Lynn warned against parsing shootings into different categories, saying that schools shootings, mass shootings, gang shootings and others are all symptoms of a larger, cultural problem.

"We need to look at the fetishisation of violence in this culture," she said. "We create it and re-create it in so many different ways, not just in our media and our videos games, we seem to sort of romanticize violence ... people working things out with their fists in schoolyards -- Why are we promoting violence as a means to solve problems?"

But while Lynn waits for that cultural shift, she said practical measures are also needed to prevent shootings, from mental health to gun reforms.
"We need to address the availability of guns in our society," she said.

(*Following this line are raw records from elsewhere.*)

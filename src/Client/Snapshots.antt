-- ===== src/Client/Snapshots.antt =====
-- The snapshot operations of pkg/vcloud/client/client.go.
use csi_driver_bs.Base.{
  false, Option, none, some, List, [], ◌∷◌, ◌++◌, Result, ok, err, if◌then◌else◌,
}
use csi_driver_bs.Base.Int.{ℤ, pos}
use csi_driver_bs.Text.{Text, str, is_empty}
use csi_driver_bs.Client.Json.{
  obj, Items, nil, cons, Fields, get, as_text, as_num, as_bool, as_arr, or_default,
}
use csi_driver_bs.Client.Types.{
  perform_create_snapshot, perform_delete_snapshot, perform_get_snapshot, perform_list_snapshots,
  SnapshotRequest, snapshot_request, snapshot_request_fields, Snapshot,
}
use csi_driver_bs.Client.Request.{Client, Transport, post}

-- `parseSnapshotResponse` up to its test of the ID.
abbrev pub parse_snapshot : Fields → Snapshot
parse_snapshot resp = record {
  id = or_default (as_text (get (str "id") resp)) [];
  name = or_default (as_text (get (str "name") resp)) [];
  source_volume_id = or_default (as_text (get (str "sourceVolumeId") resp)) [];
  size_bytes = or_default (as_num (get (str "sizeBytes") resp)) (pos 0);
  created_at = or_default (as_num (get (str "createdAt") resp)) (pos 0);
  ready_to_use = or_default (as_bool (get (str "readyToUse") resp)) false;
}

-- Nil, with no error, if the answer has no ID.
unfoldable pub parse_snapshot_response : Fields → Option Snapshot
parse_snapshot_response resp =
    let snap = parse_snapshot resp in if is_empty snap.id then none else some snap

-- The loop of `ListSnapshots`: items that are no objects are skipped, and a parsed nil is kept.
unfoldable pub parse_snapshots : Items → List (Option Snapshot)
parse_snapshots nil = []
parse_snapshots (cons (obj m) rest) = parse_snapshot_response m ∷ parse_snapshots rest
parse_snapshots (cons _ rest) = parse_snapshots rest

module _ {W : Type 0} (t : Transport W) (c : Client) where
  abbrev post_snapshot : SnapshotRequest → W → Result Text Fields × W
  post_snapshot req = post t c (snapshot_request_fields req)

  abbrev parsed : Text → Result Text Fields → Result Text (Option Snapshot)
  parsed message (err e) = err (message ++ e)
  parsed message (ok resp) = ok (parse_snapshot_response resp)

  unfoldable pub create_snapshot : Text → Text → W → Result Text (Option Snapshot) × W
  create_snapshot name source_volume_id w =
      let (r, w') =
        post_snapshot
          (record (snapshot_request perform_create_snapshot) {
            name = name;
            source_volume_id = source_volume_id;
          })
          w in
      (parsed (str "failed to create snapshot: ") r, w')

  abbrev acknowledged : Result Text Fields → Result Text (Unit {0})
  acknowledged (err e) = err (str "failed to delete snapshot: " ++ e)
  acknowledged (ok _) = ok tt

  unfoldable pub delete_snapshot : Text → W → Result Text (Unit {0}) × W
  delete_snapshot snapshot_id w =
      let (r, w') =
        post_snapshot
          (record (snapshot_request perform_delete_snapshot) { snapshot_id = snapshot_id }) w in
      (acknowledged r, w')

  unfoldable pub get_snapshot : Text → W → Result Text (Option Snapshot) × W
  get_snapshot snapshot_id w =
      let (r, w') =
        post_snapshot (record (snapshot_request perform_get_snapshot) { snapshot_id = snapshot_id })
          w in
      (parsed (str "failed to get snapshot: ") r, w')

  abbrev named : Result Text Fields → Result Text (Option Snapshot)
  named (err e) = err e
  named (ok resp) = ok (parse_snapshot_response resp)

  unfoldable pub get_snapshot_by_name : Text → W → Result Text (Option Snapshot) × W
  get_snapshot_by_name name w =
      let (r, w') =
        post_snapshot (record (snapshot_request perform_get_snapshot) { name = name }) w in
      (named r, w')

  abbrev listed : Result Text Fields → Result Text (List (Option Snapshot) × Text)
  listed (err e) = err (str "failed to list snapshots: " ++ e)
  listed (ok resp) = ok (
    parse_snapshots (or_default (as_arr (get (str "snapshots") resp)) nil),
    or_default (as_text (get (str "nextToken") resp)) [],
  )

  unfoldable pub list_snapshots :
      Text → ℤ → Text → W → Result Text (List (Option Snapshot) × Text) × W
  list_snapshots source_volume_id max_entries starting_token w =
      let (r, w') =
        post_snapshot
          (record (snapshot_request perform_list_snapshots) {
            source_volume_id = source_volume_id;
            max_entries = max_entries;
            starting_token = starting_token;
          })
          w in
      (listed r, w')
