-- ===== src/Client/RoundTrip.antt =====
-- The parsers of pkg/vcloud/client/client.go against the JSON tags of pkg/vcloud/client/types.go.
use csi_driver_bs.Base.{◌≡◌, Bool, false, none, some, [], arith, ◌==◌, if◌then◌else◌}
use csi_driver_bs.Base.Int.{ℤ, pos, eqb_ℤ}
use csi_driver_bs.Text.{Text, text_eq, text_dec, str, is_empty}
use csi_driver_bs.Client.Json.{
  Fields, text, num, bool, get, as_text, as_num, as_bool, or_default, omit_text, omit_num,
  omit_bool,
}
use csi_driver_bs.Client.Types.{
  VolumeResponse, volume_response_fields, SnapshotResponse, snapshot_response_fields, Snapshot,
}
use csi_driver_bs.Client.Volumes.{parse_volume_response}
use csi_driver_bs.Client.Snapshots.{parse_snapshot_response}

pub get-omit_text :
    (key k v : Text) (rest : Fields)
    → get key (omit_text k v rest)
      ≡ (if key == k then (if is_empty v then get key rest else some (text v)) else get key rest)
unfolding get
get-omit_text key k v rest = ground arith

pub get-omit_num :
    (key k : Text) (n : ℤ) (rest : Fields)
    → get key (omit_num k n rest) ≡ (
        if key == k then (if eqb_ℤ n (pos 0) then get key rest else some (num n)) else get key rest)
unfolding get
get-omit_num key k n rest = ground arith

pub get-omit_bool :
    (key k : Text) (b : Bool) (rest : Fields)
    → get key (omit_bool k b rest)
      ≡ (if key == k then (if b then some (bool b) else get key rest) else get key rest)
unfolding get
get-omit_bool key k b rest = ground arith

pub read_text :
    (v : Text) → or_default (as_text (if is_empty v then none else some (text v))) [] ≡ v
read_text v = ground arith

pub read_num :
    (n : ℤ) → or_default (as_num (if eqb_ℤ n (pos 0) then none else some (num n))) (pos 0) ≡ n
read_num n = ground arith

pub read_bool : (b : Bool) → or_default (as_bool (if b then some (bool b) else none)) false ≡ b
read_bool b = ground arith

pub ruleset reading = (get-omit_text, get-omit_num, get-omit_bool, read_text, read_num, read_bool)

-- The parser on the fields with their numbers as they are written.
pub parse_volume_exact :
    (r : VolumeResponse)
    → parse_volume_response (volume_response_fields r) ≡ record {
      id = r.id;
      name = r.name;
      size_bytes = r.capacity;
      volume_type = r.volume_type;
      device_path = r.device_path;
      node_id = r.node_id;
      snapshot_id = r.snapshot_id;
    }
unfolding parse_volume_response volume_response_fields str text_dec get
parse_volume_exact r = simp reading

abbrev pub snapshot_of : SnapshotResponse → Snapshot
snapshot_of r = record {
  id = r.id;
  name = r.name;
  source_volume_id = r.source_volume_id;
  size_bytes = r.size_bytes;
  created_at = r.created_at;
  ready_to_use = r.ready_to_use;
}

pub parse_snapshot_exact :
    (r : SnapshotResponse)
    → parse_snapshot_response (snapshot_response_fields r)
      ≡ (if is_empty r.id then none else some (snapshot_of r))
unfolding parse_snapshot_response snapshot_response_fields str text_dec get
parse_snapshot_exact r = simp reading
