-- ===== src/Client/Decoded.antt =====
-- What encoding/json makes of an answer of the backend: every number becomes a float64, of which the
-- parsers of pkg/vcloud/client/client.go take `int64(f)`.
use csi_driver_bs.Base.{
  ℕ, zero, suc, ◌+◌, ◌*◌, ◌/◌, ◌%◌, ◌^◌, ◌≤◌, ◌<◌, ◌≡◌, refl, sym, arith, ltb, eqb, Bool-cases, inl,
  inr, Option, none, some, ◌||◌, ◌&&◌, if◌then◌else◌,
}
use csi_driver_bs.Base.Int.{ℤ, pos, negsuc, pos_part, neg_part}
use csi_driver_bs.Text.{Text, text_eq, is_empty}
use csi_driver_bs.Client.Json.{
  Json, null, bool, num, text, arr, obj, Items, nil, cons, Fields, end, field, get, as_text, as_num,
  as_bool, or_default,
}
use csi_driver_bs.Client.Types.{
  VolumeResponse, volume_response_fields, SnapshotResponse, snapshot_response_fields,
}
use csi_driver_bs.Client.Volumes.{parse_volume_response}
use csi_driver_bs.Client.Snapshots.{parse_snapshot, parse_snapshot_response}
use csi_driver_bs.Client.RoundTrip.{parse_volume_exact, snapshot_of, parse_snapshot_exact}

-- How many binary digits a number has above 53: up to 64 of them, since an int64 has no more than 64
-- digits altogether.
abbrev excess : ℕ → ℕ → ℕ
excess zero n = 0
excess (suc digits) n = let more = excess digits (n / 2) in if ltb n (2 ^ 53) then 0 else suc more

-- To a multiple of the unit: to the nearest, and of two to the even one.
abbrev nearest : ℕ → ℕ → ℕ
nearest unit n =
    let q = n / unit in
    let r = n % unit in
    if ltb unit (2 * r) || (eqb (2 * r) unit && eqb (q % 2) 1) then (q + 1) * unit else q * unit

-- The float64 nearest to a natural number.
unfoldable pub float64 : ℕ → ℕ
float64 n = nearest (2 ^ excess 64 n) n

-- Where the float is out of range the result is that of amd64, -2^63.
abbrev minus : ℕ → ℤ
minus zero = pos 0
minus (suc m) = if ltb m (2 ^ 63) then negsuc m else negsuc 9223372036854775807

-- `int64(f)`.
unfoldable pub int64_of_float : ℤ → ℤ
int64_of_float (pos n) =
    let f = float64 n in if ltb f (2 ^ 63) then pos f else negsuc 9223372036854775807
int64_of_float (negsuc n) = minus (float64 (suc n))

unfoldable mutual
  -- The value as it is decoded.
  pub decoded : Json → Json
  decoded null = null
  decoded (bool b) = bool b
  decoded (num n) = num (int64_of_float n)
  decoded (text s) = text s
  decoded (arr xs) = arr (decoded_items xs)
  decoded (obj fs) = obj (decoded_fields fs)

  pub decoded_items : Items → Items
  decoded_items nil = nil
  decoded_items (cons x xs) = cons (decoded x) (decoded_items xs)

  pub decoded_fields : Fields → Fields
  decoded_fields end = end
  decoded_fields (field k v fs) = field k (decoded v) (decoded_fields fs)

-- A number that is exact as a float64.
abbrev pub IsExact : ℤ → Type 0
IsExact n = (pos_part n ≤ 2 ^ 53) × (neg_part n ≤ 2 ^ 53)

excess-small : (digits n : ℕ) → n < 2 ^ 53 → excess digits n ≡ 0
excess-small zero n h = refl
excess-small (suc digits) n h = ground arith

nearest-one : (n : ℕ) → nearest 1 n ≡ n
nearest-one n = ground arith

float64-small : (n : ℕ) → n < 2 ^ 53 → float64 n ≡ n
unfolding float64
float64-small n h = simp (excess-small 64 n h, nearest-one n)

float64-bound : float64 (2 ^ 53) ≡ 2 ^ 53
unfolding float64
float64-bound = refl

float64-exact : (n : ℕ) → n ≤ 2 ^ 53 → float64 n ≡ n
float64-exact n h = elim (Bool-cases (ltb n (2 ^ 53))) [
  | inl b ↦ float64-small n (ground arith)
  | inr b ↦ ground (arith, float64-bound)
]

int64_of_float-exact : (n : ℤ) → IsExact n → int64_of_float n ≡ n
unfolding int64_of_float
int64_of_float-exact (pos n) (h, k) = ground (arith, float64-exact n)
int64_of_float-exact (negsuc n) (h, k) = ground (arith, float64-exact (suc n))

abbrev decoded_option : Option Json → Option Json
decoded_option none = none
decoded_option (some v) = some (decoded v)

get-decoded_fields :
    (key : Text) (fs : Fields) → get key (decoded_fields fs) ≡ decoded_option (get key fs)
unfolding get decoded_fields
get-decoded_fields key end = refl
get-decoded_fields key (field k v fs) = ground (arith, get-decoded_fields key fs)

as_text-decoded : (o : Option Json) → as_text (decoded_option o) ≡ as_text o
unfolding decoded
as_text-decoded none = refl
as_text-decoded (some null) = refl
as_text-decoded (some (bool b)) = refl
as_text-decoded (some (num n)) = refl
as_text-decoded (some (text t)) = refl
as_text-decoded (some (arr xs)) = refl
as_text-decoded (some (obj fs)) = refl

as_bool-decoded : (o : Option Json) → as_bool (decoded_option o) ≡ as_bool o
unfolding decoded
as_bool-decoded none = refl
as_bool-decoded (some null) = refl
as_bool-decoded (some (bool b)) = refl
as_bool-decoded (some (num n)) = refl
as_bool-decoded (some (text t)) = refl
as_bool-decoded (some (arr xs)) = refl
as_bool-decoded (some (obj fs)) = refl

as_num-decoded :
    (o : Option Json)
    → or_default (as_num (decoded_option o)) (pos 0)
      ≡ int64_of_float (or_default (as_num o) (pos 0))
unfolding decoded
as_num-decoded none = sym (int64_of_float-exact (pos 0) (omega arith, omega arith))
as_num-decoded (some null) = sym (int64_of_float-exact (pos 0) (omega arith, omega arith))
as_num-decoded (some (bool b)) = sym (int64_of_float-exact (pos 0) (omega arith, omega arith))
as_num-decoded (some (num n)) = refl
as_num-decoded (some (text t)) = sym (int64_of_float-exact (pos 0) (omega arith, omega arith))
as_num-decoded (some (arr xs)) = sym (int64_of_float-exact (pos 0) (omega arith, omega arith))
as_num-decoded (some (obj fs)) = sym (int64_of_float-exact (pos 0) (omega arith, omega arith))

ruleset decoding = (get-decoded_fields, as_text-decoded, as_bool-decoded, as_num-decoded)

parse_volume-decoded :
    (fs : Fields)
    → parse_volume_response (decoded_fields fs)
      ≡ (let v = parse_volume_response fs in record v { size_bytes = int64_of_float v.size_bytes })
unfolding parse_volume_response
parse_volume-decoded fs = simp decoding

parse_snapshot-decoded :
    (fs : Fields)
    → parse_snapshot (decoded_fields fs) ≡ (
        let v = parse_snapshot fs in
        record v {
          size_bytes = int64_of_float v.size_bytes;
          created_at = int64_of_float v.created_at;
        })
parse_snapshot-decoded fs = simp decoding

-- The parser of volumes reads every field of an answer that is encoded with the tags of
-- `VolumeResponse`, present or left out by `omitempty`, and decoded with its numbers as float64. The
-- capacity is between -2^53 and 2^53, as is every size up to the maximum of the driver.
pub parse_volume-fields :
    (r : VolumeResponse)
    → IsExact r.capacity
    → parse_volume_response (decoded_fields (volume_response_fields r)) ≡ record {
      id = r.id;
      name = r.name;
      size_bytes = r.capacity;
      volume_type = r.volume_type;
      device_path = r.device_path;
      node_id = r.node_id;
      snapshot_id = r.snapshot_id;
    }
parse_volume-fields r h = ground (
  arith,
  parse_volume-decoded (volume_response_fields r),
  parse_volume_exact r,
  int64_of_float-exact r.capacity h,
)

-- The parser of snapshots reads every field of an answer that is encoded with the tags of
-- `SnapshotResponse`, and decoded with its numbers as float64, and gives nil exactly when the answer
-- has no ID. The size and the time of creation are between -2^53 and 2^53.
pub parse_snapshot-fields :
    (r : SnapshotResponse)
    → IsExact r.size_bytes
    → IsExact r.created_at
    → parse_snapshot_response (decoded_fields (snapshot_response_fields r))
      ≡ (if is_empty r.id then none else some (snapshot_of r))
unfolding parse_snapshot_response
parse_snapshot-fields r h k = ground (
  arith,
  parse_snapshot-decoded (snapshot_response_fields r),
  parse_snapshot_exact r,
  int64_of_float-exact r.size_bytes h,
  int64_of_float-exact r.created_at k,
)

Lynn said the calls for change sparked by the Parkland, Florida shooting in February have given her hope that the country's gun violence will be addressed, and that there will be fewer victims left with what she called a "life sentence."

"(Shootings are) horribly traumatic, they're deeply impactful and honestly I would categorize them as life sentences," she said. "There are things that (victims) can do to develop coping mechanisms to try to operate in the world again, but we are fundamentally changed."